---------- SOURCE MATERIAL ----------

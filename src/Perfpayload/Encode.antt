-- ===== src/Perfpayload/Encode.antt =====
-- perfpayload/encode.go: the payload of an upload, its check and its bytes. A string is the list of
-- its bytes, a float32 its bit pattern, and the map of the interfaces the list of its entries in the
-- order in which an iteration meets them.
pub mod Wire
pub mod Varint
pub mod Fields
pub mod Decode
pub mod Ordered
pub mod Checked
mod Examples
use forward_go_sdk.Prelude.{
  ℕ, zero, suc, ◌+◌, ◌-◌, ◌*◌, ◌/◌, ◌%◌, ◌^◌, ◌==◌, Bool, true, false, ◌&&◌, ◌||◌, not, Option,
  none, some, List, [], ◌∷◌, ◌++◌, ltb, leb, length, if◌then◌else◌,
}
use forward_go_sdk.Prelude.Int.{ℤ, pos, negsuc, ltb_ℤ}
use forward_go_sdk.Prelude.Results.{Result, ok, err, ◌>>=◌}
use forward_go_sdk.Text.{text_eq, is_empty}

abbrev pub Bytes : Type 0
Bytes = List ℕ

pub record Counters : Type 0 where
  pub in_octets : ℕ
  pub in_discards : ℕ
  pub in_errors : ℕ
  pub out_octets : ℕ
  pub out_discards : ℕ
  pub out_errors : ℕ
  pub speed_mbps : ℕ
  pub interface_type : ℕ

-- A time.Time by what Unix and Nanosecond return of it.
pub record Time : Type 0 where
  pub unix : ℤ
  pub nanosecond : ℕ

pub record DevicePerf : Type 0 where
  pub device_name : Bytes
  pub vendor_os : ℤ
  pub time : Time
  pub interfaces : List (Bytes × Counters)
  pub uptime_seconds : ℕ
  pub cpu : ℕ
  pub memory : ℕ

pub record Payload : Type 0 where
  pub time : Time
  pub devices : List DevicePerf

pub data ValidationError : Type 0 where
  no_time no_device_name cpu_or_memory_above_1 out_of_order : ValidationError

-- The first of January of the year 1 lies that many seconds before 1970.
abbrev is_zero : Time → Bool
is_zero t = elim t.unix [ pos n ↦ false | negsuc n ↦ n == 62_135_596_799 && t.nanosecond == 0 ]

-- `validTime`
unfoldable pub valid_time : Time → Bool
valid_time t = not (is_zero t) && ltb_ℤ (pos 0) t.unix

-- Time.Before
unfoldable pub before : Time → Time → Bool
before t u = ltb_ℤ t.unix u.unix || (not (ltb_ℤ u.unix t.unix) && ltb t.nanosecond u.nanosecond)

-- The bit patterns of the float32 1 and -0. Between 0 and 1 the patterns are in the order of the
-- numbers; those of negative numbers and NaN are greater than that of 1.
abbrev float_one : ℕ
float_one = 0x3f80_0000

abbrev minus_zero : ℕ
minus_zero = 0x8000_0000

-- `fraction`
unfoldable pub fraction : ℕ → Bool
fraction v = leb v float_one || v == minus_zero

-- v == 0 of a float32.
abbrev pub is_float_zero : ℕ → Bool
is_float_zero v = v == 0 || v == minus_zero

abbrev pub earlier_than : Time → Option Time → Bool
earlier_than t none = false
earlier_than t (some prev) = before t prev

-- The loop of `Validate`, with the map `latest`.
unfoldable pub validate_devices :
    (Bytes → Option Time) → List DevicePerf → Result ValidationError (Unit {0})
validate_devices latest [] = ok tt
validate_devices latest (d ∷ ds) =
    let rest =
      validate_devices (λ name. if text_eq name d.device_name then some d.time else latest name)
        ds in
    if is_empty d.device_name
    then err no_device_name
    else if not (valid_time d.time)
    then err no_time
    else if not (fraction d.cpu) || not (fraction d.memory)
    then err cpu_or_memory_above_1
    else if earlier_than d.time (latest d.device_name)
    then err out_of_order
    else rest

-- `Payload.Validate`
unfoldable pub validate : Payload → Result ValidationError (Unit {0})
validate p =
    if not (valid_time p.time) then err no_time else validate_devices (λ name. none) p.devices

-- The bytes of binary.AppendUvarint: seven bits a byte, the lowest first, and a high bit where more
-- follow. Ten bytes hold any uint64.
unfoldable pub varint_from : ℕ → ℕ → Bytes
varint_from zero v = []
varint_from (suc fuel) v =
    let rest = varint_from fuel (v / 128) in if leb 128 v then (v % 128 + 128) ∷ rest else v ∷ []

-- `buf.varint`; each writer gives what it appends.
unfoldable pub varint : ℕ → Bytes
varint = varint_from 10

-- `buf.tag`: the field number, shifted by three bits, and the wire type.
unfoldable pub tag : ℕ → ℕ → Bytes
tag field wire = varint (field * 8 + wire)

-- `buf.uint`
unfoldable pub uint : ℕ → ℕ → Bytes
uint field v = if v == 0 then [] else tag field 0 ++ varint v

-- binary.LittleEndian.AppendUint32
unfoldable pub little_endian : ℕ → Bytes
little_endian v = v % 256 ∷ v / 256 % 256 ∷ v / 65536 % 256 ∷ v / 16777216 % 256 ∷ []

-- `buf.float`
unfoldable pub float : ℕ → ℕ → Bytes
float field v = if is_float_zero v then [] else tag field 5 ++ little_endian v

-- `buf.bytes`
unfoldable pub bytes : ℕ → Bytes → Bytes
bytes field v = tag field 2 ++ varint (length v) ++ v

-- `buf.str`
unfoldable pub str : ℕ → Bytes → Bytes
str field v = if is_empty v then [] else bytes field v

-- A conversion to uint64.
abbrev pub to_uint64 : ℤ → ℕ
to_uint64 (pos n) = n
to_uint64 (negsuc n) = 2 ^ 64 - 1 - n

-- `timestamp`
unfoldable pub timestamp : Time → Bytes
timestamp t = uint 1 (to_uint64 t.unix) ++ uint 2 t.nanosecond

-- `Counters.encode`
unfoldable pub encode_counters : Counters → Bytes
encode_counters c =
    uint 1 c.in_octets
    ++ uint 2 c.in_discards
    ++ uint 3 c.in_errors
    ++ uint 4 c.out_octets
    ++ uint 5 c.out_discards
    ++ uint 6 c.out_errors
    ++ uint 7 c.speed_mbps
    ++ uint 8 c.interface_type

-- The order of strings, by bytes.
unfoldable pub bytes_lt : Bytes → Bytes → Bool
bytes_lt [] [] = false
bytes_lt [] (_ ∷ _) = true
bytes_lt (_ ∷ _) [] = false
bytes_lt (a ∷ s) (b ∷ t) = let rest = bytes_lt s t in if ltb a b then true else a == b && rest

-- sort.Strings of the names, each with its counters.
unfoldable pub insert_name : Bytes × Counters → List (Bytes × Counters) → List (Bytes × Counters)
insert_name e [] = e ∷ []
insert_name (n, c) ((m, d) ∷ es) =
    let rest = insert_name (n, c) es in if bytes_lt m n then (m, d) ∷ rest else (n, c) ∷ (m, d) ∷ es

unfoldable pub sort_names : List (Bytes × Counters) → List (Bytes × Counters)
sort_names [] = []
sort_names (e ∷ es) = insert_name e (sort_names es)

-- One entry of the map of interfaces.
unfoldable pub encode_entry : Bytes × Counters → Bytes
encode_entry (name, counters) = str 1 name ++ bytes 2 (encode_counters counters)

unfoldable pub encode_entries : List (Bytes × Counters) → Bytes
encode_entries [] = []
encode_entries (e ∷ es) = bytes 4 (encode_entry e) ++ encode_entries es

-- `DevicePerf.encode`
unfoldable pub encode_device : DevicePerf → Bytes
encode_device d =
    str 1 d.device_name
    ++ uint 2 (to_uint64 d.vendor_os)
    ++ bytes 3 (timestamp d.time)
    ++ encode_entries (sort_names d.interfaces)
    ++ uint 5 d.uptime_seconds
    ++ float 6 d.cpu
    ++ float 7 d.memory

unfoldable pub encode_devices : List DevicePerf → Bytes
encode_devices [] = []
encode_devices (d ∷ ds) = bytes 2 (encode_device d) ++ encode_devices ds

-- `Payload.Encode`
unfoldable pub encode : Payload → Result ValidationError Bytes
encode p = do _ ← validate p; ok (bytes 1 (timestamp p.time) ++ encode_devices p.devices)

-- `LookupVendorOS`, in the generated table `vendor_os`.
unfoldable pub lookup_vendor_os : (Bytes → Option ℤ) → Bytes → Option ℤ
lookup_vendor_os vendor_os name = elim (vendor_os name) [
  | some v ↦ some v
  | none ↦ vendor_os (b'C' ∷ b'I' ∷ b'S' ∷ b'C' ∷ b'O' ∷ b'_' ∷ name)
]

----------
---------- SOURCE MATERIAL ----------

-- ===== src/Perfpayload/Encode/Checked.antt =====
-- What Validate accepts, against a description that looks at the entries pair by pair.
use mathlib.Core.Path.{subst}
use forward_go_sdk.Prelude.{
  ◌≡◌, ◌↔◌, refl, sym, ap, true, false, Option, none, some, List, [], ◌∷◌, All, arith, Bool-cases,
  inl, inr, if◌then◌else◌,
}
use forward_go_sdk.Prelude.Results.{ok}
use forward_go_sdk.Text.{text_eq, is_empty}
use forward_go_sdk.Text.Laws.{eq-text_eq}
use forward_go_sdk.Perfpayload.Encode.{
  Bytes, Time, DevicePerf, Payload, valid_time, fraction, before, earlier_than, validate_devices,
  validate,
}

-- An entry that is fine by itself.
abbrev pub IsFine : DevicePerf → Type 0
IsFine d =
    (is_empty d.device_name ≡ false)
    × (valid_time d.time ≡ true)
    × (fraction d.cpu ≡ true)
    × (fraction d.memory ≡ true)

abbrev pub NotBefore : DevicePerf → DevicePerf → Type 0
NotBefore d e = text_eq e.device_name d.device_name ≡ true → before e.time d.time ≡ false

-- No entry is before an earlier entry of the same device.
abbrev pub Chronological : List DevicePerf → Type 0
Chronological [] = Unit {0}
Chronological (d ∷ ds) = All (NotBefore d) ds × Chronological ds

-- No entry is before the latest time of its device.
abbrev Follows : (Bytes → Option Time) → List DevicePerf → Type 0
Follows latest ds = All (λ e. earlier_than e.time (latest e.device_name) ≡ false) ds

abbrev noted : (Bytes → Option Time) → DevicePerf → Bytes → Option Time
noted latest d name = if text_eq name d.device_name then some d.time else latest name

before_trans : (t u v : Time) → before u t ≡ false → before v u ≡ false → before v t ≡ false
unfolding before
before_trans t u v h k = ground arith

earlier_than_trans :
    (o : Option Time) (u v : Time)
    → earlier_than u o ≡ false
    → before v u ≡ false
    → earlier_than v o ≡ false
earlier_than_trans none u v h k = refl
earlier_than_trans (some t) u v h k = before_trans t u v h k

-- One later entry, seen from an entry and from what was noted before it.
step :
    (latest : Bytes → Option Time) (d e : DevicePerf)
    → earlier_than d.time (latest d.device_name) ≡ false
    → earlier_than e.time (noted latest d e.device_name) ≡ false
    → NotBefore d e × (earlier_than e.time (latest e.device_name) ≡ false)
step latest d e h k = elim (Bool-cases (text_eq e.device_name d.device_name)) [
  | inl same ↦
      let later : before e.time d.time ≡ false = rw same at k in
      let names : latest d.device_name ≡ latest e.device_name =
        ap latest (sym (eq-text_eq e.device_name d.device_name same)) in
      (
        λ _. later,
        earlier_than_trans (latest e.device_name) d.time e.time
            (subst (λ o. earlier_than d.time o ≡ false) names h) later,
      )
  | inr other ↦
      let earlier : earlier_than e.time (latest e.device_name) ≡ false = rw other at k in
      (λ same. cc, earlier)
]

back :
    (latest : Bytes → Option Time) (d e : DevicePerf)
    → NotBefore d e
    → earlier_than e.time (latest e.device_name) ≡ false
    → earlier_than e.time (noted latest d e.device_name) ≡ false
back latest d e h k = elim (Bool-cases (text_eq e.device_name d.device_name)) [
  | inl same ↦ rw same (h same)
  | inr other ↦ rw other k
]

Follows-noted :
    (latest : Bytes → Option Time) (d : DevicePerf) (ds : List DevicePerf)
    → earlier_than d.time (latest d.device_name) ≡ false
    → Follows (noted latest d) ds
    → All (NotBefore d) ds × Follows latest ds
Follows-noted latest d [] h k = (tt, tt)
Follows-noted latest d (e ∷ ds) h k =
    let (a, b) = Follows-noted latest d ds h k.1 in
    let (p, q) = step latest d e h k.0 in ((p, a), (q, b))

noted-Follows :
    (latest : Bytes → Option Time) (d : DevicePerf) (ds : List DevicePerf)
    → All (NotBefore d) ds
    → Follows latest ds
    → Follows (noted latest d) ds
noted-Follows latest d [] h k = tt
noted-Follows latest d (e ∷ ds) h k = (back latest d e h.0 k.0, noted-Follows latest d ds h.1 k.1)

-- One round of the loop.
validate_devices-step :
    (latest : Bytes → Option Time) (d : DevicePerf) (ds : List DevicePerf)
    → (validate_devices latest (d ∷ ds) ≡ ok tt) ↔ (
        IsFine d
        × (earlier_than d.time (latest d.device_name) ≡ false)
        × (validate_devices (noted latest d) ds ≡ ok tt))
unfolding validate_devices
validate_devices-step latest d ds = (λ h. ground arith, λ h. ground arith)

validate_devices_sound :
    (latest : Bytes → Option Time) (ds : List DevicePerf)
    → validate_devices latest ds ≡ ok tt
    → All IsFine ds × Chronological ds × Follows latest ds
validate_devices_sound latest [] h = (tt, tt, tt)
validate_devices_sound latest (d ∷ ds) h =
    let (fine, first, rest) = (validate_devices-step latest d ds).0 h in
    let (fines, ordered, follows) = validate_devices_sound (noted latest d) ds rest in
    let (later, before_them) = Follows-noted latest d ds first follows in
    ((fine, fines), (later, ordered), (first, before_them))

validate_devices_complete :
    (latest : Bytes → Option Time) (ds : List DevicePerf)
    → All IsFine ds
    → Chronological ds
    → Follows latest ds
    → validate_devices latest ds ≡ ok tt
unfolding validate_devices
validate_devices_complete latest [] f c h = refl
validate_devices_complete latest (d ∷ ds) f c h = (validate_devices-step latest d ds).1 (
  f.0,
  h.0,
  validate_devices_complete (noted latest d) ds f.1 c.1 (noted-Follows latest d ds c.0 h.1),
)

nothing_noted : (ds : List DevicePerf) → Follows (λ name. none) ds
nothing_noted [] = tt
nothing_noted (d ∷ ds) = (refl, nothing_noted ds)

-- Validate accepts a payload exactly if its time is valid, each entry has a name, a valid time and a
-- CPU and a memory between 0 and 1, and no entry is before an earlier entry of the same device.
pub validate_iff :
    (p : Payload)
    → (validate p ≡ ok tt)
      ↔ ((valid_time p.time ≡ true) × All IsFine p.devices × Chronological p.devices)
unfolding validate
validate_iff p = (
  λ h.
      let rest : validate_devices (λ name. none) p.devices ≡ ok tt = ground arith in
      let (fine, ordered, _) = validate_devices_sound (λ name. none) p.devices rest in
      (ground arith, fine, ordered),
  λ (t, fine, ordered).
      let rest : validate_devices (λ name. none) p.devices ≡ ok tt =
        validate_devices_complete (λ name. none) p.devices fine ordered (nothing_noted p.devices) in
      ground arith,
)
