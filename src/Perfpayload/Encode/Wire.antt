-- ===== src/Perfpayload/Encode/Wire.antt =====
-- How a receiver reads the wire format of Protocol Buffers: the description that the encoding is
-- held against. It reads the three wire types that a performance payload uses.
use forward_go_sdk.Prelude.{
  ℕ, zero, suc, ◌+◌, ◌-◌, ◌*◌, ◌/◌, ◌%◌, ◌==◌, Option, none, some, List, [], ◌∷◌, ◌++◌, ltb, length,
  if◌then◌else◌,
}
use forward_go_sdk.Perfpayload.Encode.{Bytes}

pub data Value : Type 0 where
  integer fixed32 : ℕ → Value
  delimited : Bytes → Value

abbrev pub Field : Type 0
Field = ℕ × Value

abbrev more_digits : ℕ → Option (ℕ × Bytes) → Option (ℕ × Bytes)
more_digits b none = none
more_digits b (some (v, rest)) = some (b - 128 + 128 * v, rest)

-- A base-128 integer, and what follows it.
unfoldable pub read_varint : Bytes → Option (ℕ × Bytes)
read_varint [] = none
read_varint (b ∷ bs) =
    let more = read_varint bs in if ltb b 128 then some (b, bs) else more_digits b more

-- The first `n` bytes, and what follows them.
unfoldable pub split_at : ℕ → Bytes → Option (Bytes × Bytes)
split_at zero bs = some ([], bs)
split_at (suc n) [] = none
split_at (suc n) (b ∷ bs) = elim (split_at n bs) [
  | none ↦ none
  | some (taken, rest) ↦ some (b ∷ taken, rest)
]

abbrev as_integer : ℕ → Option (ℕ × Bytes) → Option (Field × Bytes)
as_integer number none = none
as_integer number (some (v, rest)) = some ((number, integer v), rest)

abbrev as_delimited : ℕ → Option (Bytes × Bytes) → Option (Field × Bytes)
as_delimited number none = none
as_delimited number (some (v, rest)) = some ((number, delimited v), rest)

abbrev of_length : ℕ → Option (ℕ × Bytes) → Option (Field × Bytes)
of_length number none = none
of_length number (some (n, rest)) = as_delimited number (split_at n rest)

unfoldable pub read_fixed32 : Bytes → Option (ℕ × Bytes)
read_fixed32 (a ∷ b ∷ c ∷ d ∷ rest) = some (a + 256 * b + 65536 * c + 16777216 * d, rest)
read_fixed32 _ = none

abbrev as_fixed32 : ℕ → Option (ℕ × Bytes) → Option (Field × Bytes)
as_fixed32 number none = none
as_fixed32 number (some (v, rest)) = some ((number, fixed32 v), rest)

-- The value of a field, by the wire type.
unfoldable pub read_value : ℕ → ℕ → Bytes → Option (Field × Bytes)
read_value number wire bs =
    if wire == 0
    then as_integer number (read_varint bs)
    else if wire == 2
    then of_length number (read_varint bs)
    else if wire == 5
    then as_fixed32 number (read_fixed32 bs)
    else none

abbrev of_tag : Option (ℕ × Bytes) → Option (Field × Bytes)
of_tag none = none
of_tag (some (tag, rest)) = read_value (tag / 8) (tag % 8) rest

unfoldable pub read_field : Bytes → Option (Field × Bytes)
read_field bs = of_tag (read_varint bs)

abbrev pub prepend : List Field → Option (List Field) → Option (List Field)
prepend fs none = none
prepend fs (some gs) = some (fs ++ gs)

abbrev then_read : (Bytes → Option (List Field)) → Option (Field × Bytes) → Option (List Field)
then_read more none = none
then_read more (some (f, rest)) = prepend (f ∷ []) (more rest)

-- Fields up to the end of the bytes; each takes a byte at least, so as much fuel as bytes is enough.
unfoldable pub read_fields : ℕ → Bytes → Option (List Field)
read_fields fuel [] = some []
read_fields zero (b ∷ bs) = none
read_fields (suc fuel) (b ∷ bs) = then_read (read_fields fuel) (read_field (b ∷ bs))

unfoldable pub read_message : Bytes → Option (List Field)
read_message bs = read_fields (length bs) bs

----------
---------- SOURCE MATERIAL ----------

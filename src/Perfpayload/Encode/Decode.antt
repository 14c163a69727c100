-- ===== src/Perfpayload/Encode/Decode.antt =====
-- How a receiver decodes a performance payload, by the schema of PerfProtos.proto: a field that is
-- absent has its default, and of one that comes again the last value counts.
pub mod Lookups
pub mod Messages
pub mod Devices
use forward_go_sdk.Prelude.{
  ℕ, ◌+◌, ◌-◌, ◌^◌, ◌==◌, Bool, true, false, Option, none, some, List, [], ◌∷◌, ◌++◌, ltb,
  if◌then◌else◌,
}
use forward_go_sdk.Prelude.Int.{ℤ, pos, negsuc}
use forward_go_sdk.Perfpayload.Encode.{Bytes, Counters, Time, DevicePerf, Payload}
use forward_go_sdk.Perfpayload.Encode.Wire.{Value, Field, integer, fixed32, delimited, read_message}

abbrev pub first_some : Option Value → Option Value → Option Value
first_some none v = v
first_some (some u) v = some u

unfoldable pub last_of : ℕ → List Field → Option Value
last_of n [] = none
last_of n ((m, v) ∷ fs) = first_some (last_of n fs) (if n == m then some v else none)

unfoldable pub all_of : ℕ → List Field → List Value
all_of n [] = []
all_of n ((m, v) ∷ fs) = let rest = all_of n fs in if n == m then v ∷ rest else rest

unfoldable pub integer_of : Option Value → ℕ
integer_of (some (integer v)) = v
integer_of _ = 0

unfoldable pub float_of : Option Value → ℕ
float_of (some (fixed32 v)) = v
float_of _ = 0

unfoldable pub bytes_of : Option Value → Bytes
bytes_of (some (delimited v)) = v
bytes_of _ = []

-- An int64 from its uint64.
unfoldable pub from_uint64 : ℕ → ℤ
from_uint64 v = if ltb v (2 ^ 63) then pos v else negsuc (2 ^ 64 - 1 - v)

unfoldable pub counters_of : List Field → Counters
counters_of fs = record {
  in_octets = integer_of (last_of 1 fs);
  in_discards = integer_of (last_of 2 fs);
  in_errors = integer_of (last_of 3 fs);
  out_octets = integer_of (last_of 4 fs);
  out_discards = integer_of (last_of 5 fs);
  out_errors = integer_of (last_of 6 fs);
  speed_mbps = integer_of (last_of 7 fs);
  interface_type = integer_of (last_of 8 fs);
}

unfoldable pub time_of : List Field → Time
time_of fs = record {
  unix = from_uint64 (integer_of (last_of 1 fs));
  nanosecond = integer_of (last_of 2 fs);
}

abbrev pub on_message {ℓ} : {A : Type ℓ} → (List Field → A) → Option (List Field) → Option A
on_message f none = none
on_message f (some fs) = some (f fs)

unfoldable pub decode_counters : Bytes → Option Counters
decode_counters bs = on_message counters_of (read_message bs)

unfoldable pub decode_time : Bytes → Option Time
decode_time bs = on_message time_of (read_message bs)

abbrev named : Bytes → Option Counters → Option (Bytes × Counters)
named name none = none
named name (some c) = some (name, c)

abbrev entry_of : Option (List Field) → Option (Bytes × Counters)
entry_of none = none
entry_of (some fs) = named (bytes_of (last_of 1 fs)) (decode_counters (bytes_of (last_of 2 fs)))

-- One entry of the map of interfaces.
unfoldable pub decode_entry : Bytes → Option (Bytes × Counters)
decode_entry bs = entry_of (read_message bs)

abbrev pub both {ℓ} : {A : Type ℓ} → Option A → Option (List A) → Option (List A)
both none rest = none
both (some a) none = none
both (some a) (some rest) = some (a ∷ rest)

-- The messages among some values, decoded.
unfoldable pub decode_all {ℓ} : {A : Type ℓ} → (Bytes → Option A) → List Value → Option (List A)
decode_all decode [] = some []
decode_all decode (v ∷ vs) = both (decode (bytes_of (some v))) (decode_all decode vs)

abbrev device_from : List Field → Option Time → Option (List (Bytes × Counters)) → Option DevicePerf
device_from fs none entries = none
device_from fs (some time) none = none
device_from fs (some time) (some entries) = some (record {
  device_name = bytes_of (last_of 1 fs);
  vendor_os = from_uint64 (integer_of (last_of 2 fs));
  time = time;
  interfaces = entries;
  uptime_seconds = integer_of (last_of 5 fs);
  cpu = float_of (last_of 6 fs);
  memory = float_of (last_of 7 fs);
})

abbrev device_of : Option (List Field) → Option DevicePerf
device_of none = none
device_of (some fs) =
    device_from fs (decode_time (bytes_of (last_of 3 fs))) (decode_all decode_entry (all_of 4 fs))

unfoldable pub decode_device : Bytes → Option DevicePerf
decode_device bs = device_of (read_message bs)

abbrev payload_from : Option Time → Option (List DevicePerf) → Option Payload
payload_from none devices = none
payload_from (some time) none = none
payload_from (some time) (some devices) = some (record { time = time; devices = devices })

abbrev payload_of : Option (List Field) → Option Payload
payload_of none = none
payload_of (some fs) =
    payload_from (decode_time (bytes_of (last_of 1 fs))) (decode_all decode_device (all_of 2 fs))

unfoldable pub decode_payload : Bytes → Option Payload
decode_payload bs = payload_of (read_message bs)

----------

## [PROBLEM TO WORK ON]
Each line of the material above that holds "unfolding" counts once; give the total and nothing else.

## [TASK RESPONSE]
4